*** Extracted material ***
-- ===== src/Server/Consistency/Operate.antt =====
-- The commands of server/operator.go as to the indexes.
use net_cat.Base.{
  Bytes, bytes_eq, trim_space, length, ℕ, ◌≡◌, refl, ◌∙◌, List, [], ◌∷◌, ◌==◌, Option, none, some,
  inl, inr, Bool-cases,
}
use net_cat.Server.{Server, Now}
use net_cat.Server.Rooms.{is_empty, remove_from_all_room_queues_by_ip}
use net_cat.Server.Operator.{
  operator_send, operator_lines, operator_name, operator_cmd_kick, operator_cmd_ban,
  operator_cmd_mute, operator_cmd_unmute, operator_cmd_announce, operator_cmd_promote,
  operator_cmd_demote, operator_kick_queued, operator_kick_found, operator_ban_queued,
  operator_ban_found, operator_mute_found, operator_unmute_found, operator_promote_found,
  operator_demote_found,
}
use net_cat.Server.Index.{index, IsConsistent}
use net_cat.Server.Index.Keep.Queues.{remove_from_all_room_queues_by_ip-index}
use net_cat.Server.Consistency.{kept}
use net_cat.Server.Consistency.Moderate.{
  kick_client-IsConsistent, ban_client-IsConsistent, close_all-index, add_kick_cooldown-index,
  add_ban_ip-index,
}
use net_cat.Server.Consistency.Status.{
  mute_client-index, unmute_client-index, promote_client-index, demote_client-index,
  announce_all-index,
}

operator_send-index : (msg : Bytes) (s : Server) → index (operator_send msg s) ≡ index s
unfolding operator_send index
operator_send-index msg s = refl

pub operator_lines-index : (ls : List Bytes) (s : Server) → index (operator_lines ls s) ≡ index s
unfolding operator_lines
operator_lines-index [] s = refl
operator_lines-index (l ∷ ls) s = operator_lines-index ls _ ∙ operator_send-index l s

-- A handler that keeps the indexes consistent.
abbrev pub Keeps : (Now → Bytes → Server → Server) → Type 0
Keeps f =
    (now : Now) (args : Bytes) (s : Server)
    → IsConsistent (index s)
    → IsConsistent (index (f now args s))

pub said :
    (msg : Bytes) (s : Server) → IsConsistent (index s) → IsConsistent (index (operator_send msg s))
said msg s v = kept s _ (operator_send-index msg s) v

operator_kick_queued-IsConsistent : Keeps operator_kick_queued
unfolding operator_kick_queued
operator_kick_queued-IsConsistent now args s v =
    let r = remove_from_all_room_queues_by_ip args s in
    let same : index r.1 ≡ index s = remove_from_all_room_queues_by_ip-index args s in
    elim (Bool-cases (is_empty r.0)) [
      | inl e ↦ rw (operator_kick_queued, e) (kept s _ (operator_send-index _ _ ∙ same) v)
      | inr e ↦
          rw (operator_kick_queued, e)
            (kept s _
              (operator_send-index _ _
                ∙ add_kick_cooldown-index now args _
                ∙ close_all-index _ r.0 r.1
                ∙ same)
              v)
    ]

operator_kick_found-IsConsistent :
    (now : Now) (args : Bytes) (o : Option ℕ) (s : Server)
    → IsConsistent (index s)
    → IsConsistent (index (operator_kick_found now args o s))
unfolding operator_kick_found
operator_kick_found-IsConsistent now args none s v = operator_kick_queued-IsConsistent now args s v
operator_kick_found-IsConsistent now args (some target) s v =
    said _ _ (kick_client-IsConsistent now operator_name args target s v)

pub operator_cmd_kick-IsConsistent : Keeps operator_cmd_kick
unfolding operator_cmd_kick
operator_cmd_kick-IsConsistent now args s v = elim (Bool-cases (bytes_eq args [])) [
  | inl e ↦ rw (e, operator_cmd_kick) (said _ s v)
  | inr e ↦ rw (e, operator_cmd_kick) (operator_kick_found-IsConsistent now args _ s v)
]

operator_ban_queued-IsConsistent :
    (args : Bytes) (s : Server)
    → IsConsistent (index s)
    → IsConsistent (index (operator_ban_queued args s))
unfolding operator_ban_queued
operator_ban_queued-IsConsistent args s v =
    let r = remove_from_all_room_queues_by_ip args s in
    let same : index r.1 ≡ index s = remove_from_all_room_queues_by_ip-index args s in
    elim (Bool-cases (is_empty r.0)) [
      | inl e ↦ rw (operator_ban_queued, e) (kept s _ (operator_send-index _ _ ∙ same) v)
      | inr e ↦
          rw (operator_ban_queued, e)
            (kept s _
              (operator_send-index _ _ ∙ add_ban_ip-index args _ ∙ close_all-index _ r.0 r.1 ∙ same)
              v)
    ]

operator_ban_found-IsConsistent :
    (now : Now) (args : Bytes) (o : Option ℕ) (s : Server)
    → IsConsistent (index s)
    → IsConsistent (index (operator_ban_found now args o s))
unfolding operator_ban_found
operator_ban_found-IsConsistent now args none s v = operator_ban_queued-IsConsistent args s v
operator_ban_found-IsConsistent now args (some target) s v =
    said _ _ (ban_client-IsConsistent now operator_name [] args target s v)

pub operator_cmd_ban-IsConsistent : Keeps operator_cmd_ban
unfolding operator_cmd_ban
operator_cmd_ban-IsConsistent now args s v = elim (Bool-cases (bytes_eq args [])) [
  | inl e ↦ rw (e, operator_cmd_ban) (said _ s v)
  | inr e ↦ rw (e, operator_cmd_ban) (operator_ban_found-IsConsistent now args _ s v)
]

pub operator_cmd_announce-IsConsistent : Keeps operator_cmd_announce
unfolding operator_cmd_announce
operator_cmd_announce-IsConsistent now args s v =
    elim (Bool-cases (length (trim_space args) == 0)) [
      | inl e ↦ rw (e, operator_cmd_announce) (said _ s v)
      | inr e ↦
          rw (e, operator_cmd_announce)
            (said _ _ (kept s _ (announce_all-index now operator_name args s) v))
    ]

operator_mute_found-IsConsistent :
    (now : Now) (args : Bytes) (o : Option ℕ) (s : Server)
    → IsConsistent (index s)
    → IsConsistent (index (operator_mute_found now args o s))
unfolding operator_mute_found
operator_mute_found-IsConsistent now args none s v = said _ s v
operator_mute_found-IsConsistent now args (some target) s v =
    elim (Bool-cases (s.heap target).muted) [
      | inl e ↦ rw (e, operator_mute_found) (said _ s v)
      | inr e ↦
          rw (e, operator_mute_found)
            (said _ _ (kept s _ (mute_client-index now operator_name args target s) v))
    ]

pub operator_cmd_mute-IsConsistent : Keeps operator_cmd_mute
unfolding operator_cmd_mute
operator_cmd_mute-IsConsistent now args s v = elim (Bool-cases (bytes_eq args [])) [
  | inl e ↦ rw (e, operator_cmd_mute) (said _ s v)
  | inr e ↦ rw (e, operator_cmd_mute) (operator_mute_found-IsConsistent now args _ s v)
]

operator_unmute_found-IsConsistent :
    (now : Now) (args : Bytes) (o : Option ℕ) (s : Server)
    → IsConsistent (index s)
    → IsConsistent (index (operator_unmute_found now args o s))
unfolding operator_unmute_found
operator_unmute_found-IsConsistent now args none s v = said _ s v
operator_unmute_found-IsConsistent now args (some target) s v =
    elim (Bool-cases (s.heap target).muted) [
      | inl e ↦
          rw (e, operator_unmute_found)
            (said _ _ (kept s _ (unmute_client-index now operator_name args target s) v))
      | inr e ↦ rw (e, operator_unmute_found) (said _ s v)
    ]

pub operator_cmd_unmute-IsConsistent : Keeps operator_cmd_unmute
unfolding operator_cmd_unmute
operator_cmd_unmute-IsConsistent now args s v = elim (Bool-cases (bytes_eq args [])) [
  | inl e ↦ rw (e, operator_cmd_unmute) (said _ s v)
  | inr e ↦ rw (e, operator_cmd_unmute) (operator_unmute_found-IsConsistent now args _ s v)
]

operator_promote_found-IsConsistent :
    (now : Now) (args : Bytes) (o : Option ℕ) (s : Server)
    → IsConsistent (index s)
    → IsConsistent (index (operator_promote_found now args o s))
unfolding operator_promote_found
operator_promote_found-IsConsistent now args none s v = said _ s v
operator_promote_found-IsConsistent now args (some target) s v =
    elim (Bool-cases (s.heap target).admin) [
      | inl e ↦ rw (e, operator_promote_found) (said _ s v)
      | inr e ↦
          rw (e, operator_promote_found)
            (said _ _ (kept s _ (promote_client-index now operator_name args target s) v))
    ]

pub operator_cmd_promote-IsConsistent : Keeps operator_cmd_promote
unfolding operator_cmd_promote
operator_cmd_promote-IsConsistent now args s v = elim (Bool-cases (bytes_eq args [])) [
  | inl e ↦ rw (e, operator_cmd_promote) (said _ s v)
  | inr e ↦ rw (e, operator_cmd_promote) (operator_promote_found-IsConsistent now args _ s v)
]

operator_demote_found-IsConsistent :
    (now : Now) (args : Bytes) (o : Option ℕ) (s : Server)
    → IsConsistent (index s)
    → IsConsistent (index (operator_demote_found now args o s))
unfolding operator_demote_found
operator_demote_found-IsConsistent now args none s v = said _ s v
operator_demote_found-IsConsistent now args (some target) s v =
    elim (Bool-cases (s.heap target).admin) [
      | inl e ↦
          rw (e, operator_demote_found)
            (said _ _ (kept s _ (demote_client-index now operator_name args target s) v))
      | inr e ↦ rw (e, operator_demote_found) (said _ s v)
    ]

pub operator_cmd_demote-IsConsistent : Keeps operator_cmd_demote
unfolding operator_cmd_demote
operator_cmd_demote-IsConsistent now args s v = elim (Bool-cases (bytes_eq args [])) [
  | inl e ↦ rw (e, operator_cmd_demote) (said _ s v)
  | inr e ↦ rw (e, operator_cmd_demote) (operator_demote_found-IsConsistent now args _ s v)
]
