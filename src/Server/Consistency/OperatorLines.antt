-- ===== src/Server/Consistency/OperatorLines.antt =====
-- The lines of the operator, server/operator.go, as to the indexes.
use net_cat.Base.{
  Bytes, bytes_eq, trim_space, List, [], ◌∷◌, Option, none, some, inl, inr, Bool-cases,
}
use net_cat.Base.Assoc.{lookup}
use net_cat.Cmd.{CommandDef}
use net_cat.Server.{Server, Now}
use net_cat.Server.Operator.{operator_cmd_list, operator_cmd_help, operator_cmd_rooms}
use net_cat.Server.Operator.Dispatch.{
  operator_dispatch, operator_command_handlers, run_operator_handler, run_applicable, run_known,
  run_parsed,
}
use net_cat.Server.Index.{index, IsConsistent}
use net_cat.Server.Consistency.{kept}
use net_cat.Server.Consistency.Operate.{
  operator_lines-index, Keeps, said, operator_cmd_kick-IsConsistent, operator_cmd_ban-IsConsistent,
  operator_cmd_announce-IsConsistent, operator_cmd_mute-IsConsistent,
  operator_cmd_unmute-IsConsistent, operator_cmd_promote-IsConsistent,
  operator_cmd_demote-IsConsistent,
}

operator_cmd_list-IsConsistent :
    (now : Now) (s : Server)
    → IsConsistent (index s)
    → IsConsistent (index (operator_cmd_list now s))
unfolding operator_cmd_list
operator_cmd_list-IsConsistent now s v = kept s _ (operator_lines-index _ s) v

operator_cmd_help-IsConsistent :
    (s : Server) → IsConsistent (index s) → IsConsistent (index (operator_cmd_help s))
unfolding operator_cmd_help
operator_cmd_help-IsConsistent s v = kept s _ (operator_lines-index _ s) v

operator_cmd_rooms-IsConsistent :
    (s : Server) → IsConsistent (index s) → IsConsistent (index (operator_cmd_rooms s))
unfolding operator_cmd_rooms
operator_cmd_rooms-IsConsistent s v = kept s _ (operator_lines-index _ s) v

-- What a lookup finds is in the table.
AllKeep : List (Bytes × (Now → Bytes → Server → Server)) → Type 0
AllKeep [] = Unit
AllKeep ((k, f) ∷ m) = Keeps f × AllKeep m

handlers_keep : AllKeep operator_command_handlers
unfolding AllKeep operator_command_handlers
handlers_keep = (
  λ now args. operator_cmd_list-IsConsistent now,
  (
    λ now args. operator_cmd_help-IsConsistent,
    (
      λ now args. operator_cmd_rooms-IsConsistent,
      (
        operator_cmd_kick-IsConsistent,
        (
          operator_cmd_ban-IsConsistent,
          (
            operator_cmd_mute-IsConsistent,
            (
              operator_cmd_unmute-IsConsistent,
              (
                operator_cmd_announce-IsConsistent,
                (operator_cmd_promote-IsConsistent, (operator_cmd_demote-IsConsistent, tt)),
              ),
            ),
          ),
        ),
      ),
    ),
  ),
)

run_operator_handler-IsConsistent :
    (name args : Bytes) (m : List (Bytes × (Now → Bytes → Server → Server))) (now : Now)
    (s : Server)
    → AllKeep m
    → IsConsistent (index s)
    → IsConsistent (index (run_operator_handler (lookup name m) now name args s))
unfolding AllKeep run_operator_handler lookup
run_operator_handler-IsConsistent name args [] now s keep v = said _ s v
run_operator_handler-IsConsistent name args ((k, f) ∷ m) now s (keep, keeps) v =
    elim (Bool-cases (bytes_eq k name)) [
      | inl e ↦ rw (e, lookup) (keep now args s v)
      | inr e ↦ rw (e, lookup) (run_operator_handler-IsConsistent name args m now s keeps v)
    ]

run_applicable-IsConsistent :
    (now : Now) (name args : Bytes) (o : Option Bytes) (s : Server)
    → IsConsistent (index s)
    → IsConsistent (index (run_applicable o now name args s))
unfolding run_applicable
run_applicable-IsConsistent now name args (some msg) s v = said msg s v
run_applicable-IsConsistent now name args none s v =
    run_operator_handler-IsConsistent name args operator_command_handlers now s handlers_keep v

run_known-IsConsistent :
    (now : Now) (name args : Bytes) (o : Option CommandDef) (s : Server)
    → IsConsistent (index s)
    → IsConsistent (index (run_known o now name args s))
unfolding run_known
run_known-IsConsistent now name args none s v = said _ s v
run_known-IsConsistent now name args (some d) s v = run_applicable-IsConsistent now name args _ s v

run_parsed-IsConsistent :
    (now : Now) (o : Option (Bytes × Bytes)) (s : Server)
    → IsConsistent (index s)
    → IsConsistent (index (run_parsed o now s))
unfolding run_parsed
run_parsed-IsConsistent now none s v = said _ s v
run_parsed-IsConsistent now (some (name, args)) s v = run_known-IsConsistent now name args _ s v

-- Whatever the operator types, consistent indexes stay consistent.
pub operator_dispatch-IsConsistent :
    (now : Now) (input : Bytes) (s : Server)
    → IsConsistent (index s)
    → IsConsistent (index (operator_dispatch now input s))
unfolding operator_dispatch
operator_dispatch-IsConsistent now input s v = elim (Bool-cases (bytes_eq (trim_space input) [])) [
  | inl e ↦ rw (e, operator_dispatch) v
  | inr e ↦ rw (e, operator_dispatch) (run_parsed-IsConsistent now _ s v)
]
***
Your objective -
Copy each line in the entries above where "lookup" turns up.

Written answer -
use net_cat.Base.Assoc.{lookup}
-- What a lookup finds is in the table.
    → IsConsistent (index (run_operator_handler (lookup name m) now name args s))
unfolding AllKeep run_operator_handler lookup
      | inl e ↦ rw (e, lookup) (keep now args s v)
      | inr e ↦ rw (e, lookup) (run_operator_handler-IsConsistent name args m now s keeps v)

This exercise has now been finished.